_WHAT TO WORK ON_
Among the entries below, find the line with "drain_rounds (length m.ops)", then quote it and each following line up to and including the line with "ap (λ r. r >>= drained)", and nothing else.

Items from a data source
==========
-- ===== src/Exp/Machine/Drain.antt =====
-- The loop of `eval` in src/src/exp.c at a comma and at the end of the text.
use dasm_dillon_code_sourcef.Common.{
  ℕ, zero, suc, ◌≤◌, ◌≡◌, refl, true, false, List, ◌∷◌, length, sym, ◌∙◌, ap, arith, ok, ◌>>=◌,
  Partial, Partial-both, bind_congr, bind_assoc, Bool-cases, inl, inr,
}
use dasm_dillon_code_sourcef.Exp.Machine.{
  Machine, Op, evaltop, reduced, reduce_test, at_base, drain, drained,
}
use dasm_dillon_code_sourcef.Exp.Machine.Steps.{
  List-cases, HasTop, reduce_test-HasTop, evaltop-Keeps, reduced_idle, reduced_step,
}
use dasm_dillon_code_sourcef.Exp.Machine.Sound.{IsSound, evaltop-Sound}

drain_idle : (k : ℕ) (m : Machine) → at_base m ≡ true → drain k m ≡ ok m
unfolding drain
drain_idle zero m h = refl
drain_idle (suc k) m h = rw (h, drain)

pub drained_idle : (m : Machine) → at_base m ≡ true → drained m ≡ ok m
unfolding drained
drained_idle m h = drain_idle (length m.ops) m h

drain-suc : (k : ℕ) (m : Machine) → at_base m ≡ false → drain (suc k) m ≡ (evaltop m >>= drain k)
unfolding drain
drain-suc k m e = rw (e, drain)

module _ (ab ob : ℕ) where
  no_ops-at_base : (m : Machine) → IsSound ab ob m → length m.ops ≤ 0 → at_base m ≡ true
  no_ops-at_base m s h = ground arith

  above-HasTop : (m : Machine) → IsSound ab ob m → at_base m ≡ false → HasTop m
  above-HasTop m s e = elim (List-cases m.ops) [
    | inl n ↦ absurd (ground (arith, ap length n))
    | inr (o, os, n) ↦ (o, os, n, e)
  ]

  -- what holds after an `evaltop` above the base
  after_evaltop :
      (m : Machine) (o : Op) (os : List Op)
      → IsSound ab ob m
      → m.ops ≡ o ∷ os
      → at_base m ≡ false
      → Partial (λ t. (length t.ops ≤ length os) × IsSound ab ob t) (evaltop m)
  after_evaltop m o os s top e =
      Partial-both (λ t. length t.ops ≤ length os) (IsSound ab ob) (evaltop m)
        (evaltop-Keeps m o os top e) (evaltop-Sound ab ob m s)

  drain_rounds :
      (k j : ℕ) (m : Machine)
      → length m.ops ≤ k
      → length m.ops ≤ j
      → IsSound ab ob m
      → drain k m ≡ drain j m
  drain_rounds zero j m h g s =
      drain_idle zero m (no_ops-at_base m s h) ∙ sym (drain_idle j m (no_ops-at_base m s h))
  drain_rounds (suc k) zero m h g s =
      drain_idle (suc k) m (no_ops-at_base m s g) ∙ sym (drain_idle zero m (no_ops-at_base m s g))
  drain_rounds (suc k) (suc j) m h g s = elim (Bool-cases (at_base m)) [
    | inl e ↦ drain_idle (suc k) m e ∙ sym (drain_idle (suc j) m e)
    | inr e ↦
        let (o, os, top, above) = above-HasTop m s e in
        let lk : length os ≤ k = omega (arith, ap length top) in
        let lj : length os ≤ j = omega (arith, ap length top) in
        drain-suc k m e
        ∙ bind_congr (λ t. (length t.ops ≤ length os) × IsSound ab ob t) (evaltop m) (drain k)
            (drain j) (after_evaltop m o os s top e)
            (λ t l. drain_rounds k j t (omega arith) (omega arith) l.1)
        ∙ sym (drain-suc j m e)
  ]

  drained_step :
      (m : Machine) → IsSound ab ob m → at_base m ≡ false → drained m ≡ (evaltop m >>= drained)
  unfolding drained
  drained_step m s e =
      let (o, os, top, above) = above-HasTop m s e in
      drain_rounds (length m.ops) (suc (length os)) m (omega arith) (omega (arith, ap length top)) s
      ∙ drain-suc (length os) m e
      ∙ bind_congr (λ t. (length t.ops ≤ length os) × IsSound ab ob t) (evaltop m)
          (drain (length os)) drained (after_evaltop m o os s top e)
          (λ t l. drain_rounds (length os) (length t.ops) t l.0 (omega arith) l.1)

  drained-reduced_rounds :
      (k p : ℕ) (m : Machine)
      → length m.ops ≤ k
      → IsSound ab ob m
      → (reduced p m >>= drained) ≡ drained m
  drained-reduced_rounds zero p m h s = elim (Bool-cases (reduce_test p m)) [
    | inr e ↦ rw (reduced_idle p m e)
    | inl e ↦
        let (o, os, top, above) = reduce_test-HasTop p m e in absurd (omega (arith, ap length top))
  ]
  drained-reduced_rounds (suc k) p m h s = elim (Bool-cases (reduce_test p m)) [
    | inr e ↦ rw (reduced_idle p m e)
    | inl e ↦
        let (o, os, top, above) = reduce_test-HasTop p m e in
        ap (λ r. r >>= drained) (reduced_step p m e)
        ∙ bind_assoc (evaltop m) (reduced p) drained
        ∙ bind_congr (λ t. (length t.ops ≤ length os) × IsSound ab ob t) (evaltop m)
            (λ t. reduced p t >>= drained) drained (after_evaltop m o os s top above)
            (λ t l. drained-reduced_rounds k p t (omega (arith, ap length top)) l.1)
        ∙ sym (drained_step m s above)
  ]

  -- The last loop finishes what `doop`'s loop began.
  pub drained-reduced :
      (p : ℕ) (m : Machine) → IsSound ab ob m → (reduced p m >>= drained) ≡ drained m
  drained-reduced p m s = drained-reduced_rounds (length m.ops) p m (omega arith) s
==========
_FINAL ANSWER_
      drain_rounds (length m.ops) (suc (length os)) m (omega arith) (omega (arith, ap length top)) s
      ∙ drain-suc (length os) m e
      ∙ bind_congr (λ t. (length t.ops ≤ length os) × IsSound ab ob t) (evaltop m)
          (drain (length os)) drained (after_evaltop m o os s top e)
          (λ t l. drain_rounds (length os) (length t.ops) t l.0 (omega arith) l.1)

  drained-reduced_rounds :
      (k p : ℕ) (m : Machine)
      → length m.ops ≤ k
      → IsSound ab ob m
      → (reduced p m >>= drained) ≡ drained m
  drained-reduced_rounds zero p m h s = elim (Bool-cases (reduce_test p m)) [
    | inr e ↦ rw (reduced_idle p m e)
    | inl e ↦
        let (o, os, top, above) = reduce_test-HasTop p m e in absurd (omega (arith, ap length top))
  ]
  drained-reduced_rounds (suc k) p m h s = elim (Bool-cases (reduce_test p m)) [
    | inr e ↦ rw (reduced_idle p m e)
    | inl e ↦
        let (o, os, top, above) = reduce_test-HasTop p m e in
        ap (λ r. r >>= drained) (reduced_step p m e)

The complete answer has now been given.